* Collected data *
════════════════════

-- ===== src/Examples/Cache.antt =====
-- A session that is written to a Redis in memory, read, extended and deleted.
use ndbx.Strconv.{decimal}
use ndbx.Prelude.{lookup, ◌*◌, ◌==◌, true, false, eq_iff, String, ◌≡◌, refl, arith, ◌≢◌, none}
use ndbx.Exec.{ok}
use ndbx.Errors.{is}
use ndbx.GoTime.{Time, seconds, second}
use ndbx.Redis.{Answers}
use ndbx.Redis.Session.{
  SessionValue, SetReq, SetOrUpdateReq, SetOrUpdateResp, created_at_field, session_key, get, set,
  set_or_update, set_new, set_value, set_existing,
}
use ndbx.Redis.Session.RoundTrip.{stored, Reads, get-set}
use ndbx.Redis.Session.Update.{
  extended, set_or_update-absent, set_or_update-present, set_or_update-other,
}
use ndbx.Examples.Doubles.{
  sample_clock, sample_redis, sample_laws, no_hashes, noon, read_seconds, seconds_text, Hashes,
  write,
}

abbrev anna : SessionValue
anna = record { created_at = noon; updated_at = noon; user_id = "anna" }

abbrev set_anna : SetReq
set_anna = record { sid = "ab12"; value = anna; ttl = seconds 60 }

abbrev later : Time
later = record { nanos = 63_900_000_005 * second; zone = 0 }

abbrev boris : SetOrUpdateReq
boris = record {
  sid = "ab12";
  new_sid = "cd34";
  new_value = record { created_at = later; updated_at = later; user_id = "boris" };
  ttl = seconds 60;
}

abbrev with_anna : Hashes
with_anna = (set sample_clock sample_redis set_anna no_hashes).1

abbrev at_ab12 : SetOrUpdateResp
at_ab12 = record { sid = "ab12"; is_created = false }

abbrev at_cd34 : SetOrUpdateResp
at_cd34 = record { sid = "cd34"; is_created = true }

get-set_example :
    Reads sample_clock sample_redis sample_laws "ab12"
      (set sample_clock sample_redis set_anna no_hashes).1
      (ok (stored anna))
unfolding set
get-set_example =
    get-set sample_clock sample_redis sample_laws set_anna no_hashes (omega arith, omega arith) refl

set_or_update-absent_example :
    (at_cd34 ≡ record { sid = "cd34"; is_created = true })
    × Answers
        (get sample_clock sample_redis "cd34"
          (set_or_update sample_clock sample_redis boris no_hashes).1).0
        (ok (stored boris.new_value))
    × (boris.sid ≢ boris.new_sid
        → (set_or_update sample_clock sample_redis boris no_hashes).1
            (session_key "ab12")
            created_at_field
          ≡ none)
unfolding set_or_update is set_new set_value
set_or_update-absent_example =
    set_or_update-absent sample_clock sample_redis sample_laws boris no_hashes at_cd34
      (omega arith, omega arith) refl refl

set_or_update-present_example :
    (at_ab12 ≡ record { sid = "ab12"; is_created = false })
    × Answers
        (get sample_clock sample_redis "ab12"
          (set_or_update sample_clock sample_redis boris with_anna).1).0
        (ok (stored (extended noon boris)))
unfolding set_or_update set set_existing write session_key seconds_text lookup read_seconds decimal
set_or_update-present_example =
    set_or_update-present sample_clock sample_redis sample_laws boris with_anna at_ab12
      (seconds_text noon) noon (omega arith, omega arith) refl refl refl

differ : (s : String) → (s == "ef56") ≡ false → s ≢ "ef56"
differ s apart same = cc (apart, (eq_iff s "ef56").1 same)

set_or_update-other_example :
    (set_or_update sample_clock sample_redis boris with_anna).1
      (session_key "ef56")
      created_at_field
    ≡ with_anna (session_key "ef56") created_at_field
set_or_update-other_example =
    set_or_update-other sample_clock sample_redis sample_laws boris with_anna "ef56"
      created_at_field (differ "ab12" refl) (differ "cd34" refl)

════════════════════

* What is expected *
Return a copy of each line in the entries that contains "refl".

* Task response *
use ndbx.Prelude.{lookup, ◌*◌, ◌==◌, true, false, eq_iff, String, ◌≡◌, refl, arith, ◌≢◌, none}
    get-set sample_clock sample_redis sample_laws set_anna no_hashes (omega arith, omega arith) refl
      (omega arith, omega arith) refl refl
      (seconds_text noon) noon (omega arith, omega arith) refl refl refl
      created_at_field (differ "ab12" refl) (differ "cd34" refl)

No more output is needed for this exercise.